⟨
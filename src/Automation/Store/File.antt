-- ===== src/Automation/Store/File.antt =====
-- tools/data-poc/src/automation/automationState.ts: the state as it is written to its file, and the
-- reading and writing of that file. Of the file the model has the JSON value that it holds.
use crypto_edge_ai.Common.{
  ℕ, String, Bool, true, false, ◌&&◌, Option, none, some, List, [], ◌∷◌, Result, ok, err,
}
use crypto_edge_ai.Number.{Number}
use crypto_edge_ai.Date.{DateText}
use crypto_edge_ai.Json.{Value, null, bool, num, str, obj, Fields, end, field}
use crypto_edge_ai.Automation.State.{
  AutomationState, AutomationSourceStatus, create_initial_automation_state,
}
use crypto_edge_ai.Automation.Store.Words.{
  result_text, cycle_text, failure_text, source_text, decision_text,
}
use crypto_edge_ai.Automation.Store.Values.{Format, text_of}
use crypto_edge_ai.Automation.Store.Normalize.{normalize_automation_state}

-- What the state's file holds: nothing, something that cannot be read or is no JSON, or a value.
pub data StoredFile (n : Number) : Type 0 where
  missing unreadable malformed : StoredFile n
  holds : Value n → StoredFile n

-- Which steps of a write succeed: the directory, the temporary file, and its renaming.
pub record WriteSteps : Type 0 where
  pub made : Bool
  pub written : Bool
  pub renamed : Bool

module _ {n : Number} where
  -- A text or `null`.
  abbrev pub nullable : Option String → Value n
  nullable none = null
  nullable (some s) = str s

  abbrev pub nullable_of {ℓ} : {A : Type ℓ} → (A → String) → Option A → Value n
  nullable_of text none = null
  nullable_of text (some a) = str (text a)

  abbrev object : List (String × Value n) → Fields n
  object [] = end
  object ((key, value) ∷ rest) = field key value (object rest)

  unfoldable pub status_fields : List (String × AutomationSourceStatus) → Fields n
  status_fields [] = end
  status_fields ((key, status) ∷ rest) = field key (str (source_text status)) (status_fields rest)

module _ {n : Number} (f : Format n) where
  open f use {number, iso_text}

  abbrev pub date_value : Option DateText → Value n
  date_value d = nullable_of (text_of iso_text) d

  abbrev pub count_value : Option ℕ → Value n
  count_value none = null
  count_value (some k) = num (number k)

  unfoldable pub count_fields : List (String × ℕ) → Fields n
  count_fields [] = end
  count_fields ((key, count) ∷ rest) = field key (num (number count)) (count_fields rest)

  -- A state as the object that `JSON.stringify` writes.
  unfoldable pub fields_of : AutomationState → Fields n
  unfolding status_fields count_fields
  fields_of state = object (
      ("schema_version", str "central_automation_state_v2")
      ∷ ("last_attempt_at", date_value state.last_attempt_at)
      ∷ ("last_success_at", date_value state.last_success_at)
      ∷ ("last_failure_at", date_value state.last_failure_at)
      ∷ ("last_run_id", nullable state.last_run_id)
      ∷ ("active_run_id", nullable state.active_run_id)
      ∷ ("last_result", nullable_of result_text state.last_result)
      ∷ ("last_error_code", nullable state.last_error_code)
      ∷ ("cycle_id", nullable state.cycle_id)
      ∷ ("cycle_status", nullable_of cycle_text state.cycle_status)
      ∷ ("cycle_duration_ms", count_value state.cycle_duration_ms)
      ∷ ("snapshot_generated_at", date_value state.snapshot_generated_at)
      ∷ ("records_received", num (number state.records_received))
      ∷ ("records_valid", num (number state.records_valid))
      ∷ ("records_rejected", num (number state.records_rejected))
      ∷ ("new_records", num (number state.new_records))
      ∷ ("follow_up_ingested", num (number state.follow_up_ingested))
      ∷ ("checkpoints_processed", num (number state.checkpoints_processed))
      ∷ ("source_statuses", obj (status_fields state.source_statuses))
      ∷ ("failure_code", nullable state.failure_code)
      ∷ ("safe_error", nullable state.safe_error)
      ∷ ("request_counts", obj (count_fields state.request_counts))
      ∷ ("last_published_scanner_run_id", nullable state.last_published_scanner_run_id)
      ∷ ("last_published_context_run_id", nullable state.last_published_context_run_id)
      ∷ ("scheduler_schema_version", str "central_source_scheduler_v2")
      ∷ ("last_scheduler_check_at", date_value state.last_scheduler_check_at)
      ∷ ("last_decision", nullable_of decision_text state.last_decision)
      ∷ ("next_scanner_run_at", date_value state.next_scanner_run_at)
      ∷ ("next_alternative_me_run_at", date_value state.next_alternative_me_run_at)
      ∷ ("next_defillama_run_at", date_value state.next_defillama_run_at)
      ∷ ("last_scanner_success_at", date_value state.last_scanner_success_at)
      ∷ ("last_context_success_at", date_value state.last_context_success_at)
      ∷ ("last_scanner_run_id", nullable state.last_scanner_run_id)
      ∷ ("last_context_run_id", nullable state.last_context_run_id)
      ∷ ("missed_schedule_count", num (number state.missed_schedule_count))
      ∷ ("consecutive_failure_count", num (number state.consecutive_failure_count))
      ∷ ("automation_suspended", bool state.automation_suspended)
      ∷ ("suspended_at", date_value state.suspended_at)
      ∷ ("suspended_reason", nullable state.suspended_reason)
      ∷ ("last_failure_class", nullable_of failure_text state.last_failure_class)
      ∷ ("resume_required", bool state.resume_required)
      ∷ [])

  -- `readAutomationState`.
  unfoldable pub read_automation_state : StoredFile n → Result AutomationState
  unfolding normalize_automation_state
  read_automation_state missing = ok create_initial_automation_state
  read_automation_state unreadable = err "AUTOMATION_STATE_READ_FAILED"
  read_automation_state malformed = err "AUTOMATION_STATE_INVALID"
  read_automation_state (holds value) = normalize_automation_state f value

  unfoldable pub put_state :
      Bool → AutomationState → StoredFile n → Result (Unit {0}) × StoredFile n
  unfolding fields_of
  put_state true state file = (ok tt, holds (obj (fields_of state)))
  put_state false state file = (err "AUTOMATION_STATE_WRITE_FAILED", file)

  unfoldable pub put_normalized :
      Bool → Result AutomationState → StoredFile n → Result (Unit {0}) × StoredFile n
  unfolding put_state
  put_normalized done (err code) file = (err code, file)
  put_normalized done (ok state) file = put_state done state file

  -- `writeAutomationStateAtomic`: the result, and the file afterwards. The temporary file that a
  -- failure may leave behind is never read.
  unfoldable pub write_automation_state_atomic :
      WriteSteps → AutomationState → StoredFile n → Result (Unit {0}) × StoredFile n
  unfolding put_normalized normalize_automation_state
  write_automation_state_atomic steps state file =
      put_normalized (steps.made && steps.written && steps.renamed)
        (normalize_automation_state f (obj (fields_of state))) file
⟩
⟨
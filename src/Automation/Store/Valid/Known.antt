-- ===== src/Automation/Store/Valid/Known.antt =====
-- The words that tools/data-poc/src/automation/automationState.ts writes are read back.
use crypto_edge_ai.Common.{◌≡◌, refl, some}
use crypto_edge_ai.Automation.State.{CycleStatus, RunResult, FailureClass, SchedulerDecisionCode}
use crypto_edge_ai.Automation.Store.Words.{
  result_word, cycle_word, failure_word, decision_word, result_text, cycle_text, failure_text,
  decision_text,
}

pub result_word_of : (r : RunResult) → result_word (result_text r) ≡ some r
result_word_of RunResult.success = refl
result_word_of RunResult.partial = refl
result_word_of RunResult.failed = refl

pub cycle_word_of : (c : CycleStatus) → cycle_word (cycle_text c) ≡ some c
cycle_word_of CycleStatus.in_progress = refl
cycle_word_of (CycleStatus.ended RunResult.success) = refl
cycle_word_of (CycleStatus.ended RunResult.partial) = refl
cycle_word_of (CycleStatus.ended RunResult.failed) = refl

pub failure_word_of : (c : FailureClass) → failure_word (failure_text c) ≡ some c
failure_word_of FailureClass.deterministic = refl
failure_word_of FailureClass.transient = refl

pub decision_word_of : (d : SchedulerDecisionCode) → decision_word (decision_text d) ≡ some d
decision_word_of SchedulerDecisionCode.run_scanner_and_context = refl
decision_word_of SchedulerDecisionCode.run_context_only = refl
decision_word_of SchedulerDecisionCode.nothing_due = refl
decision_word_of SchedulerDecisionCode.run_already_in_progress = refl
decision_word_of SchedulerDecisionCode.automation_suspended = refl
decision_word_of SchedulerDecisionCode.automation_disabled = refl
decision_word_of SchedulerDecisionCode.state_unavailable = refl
⟩
⟨
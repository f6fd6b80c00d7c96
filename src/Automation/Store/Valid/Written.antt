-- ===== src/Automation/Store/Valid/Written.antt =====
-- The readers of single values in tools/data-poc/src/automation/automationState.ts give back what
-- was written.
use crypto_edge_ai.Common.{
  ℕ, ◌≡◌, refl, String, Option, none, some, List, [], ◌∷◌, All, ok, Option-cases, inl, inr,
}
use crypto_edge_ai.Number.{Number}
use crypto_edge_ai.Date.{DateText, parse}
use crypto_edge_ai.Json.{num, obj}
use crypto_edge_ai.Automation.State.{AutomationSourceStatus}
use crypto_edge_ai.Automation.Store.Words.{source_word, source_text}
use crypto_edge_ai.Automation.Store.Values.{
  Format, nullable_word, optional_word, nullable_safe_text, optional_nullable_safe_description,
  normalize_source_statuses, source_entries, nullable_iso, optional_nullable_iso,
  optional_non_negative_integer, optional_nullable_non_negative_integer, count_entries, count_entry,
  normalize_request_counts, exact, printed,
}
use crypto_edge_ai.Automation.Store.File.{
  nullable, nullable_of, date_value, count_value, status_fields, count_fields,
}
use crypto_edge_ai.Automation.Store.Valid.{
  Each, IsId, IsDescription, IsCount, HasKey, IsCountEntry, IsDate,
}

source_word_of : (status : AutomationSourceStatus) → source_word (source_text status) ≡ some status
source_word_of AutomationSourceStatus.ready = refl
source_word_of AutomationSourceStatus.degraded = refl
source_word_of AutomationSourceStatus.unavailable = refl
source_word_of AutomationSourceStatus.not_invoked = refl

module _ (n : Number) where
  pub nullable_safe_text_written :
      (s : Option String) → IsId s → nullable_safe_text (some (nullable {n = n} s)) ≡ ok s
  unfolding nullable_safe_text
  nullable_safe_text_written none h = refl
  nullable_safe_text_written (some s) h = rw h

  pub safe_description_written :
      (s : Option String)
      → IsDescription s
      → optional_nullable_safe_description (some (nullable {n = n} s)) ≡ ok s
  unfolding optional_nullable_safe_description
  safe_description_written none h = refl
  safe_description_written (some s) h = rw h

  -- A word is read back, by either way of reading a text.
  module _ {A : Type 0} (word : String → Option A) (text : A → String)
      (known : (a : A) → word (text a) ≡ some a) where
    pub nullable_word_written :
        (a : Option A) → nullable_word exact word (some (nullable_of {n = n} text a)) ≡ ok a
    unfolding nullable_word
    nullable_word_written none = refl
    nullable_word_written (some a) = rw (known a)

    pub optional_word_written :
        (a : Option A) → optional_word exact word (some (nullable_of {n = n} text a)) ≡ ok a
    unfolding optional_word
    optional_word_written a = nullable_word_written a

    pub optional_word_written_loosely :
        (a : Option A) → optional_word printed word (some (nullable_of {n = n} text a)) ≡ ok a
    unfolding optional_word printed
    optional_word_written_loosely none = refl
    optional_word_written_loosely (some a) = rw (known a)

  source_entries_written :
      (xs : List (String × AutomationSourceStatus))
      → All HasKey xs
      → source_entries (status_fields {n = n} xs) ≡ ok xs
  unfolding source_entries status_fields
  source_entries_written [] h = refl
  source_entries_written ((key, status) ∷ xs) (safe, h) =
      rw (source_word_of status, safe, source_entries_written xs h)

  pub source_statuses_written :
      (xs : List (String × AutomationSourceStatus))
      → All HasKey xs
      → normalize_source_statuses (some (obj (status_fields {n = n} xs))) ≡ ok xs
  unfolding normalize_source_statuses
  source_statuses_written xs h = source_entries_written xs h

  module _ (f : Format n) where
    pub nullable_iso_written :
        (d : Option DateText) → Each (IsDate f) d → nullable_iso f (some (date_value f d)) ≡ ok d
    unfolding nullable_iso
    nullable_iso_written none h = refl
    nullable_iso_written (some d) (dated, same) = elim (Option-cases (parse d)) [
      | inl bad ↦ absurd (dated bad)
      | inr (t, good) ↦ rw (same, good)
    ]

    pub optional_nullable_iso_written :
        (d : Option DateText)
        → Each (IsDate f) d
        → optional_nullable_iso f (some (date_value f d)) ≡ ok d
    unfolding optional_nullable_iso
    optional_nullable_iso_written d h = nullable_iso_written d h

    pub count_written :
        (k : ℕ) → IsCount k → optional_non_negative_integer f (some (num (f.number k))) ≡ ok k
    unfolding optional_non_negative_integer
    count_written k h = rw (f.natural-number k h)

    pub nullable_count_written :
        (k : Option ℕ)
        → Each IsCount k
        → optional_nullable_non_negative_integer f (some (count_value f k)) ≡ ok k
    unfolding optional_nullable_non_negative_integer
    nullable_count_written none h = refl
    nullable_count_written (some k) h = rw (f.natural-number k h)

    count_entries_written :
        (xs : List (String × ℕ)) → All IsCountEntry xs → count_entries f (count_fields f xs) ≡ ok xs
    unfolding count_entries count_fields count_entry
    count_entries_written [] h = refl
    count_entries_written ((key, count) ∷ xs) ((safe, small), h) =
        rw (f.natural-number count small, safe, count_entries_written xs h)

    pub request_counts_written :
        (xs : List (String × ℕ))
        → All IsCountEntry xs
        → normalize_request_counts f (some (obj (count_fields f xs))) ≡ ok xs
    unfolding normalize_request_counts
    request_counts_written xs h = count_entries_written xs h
⟩
■ Assignment ■
Wherever a line of the records above contains the string "rest", copy that line out.

■ Your response ■
  object ((key, value) ∷ rest) = field key value (object rest)
  status_fields ((key, status) ∷ rest) = field key (str (source_text status)) (status_fields rest)
  count_fields ((key, count) ∷ rest) = field key (num (number count)) (count_fields rest)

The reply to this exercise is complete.